Apple Kills the Best MacBook Pro in the World - miles
http://www.forbes.com/sites/ewanspence/2016/10/27/apple-kills-best-macbook-pro/#58f2206b39bf
======
mancerayder
I like all the bad press. I hope it impacts sales; that is the point, after
all. We vote with our wallets, and since the new Mac Pros don't have what I
wanted, it's in my interest to support as many 'counter votes' as possible. I
was told by Apple implicitly, and by some defenders on places like HN
explicitly, that my needs are irrelevant and an edge condition (card reader,
magsafe, even [ and they almost never had these ] ethernet ports paint me as a
Luddite). It doesn't help that they're not exactly being sold for bargain
prices.

If the sales go down, then Apple's strategy will be revised internally.

If the sales go up, then Apple's strategy will be viewed as a success.

------
timbo1642
It's time for Tim Cook to go along with the people responsible for the Mac
computers and iPhones.

Apple thinks they are helping by cutting out ports and pushing technology
forward, but all they are doing is pissing people off. My iPhone 7 is a joke.
I can't charge and talk at the same time or swipe credit cards anymore.

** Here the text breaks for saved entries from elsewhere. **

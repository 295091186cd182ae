-- ===== src/Watchman/Health.antt =====
-- The failures of the health probe across a restart.
use knarr.Prelude.{ℕ, ◌+◌, ◌≤◌, ◌≡◌, false, some, arith}
use knarr.Watchman.Defs.{
  Settings, Supervisor, alive, exited, spawn, begin_restart, after_probe, kill,
}

-- A restart does not reset the failures of the health probe: a process that was killed for as many
-- failures as the threshold is started anew, where the supervisor does not give up, and if the
-- next probe fails, that kills the new process.
pub restart-kills_again :
    (c : Settings) (now later d : ℕ) (s : Supervisor)
    → s.proc ≡ some alive
    → c.health_fail_threshold ≤ s.consecutive_health_fails + 1
    → (begin_restart c now (after_probe c false s)).1 ≡ some d
    → let killed = after_probe c false s in
      let restarted = spawn later (begin_restart c now killed).0 in
      (killed.proc ≡ some exited)
      × (restarted.proc ≡ some alive)
      × (restarted.consecutive_health_fails ≡ s.consecutive_health_fails + 1)
      × ((after_probe c false restarted).proc ≡ some exited)
unfolding after_probe kill spawn begin_restart
restart-kills_again c now later d s e h begins = ground arith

Their whole pro line is a joke. My friend bought a $4000 Mac Pro with 256GB of
storage, that's a joke. It also has old hardware and its priced about $1000
more than it should be. Apple could still make a healthy profit at $3000 for
the same machine since its even overpriced at $3000. How is this a pro
machine?

Now with the macbook pro. Pros want ports. They are the ones that use them.
Some pros even want more than 16GB of RAM which I feel is standard for non
pros. I really hope things change because this is ridiculous.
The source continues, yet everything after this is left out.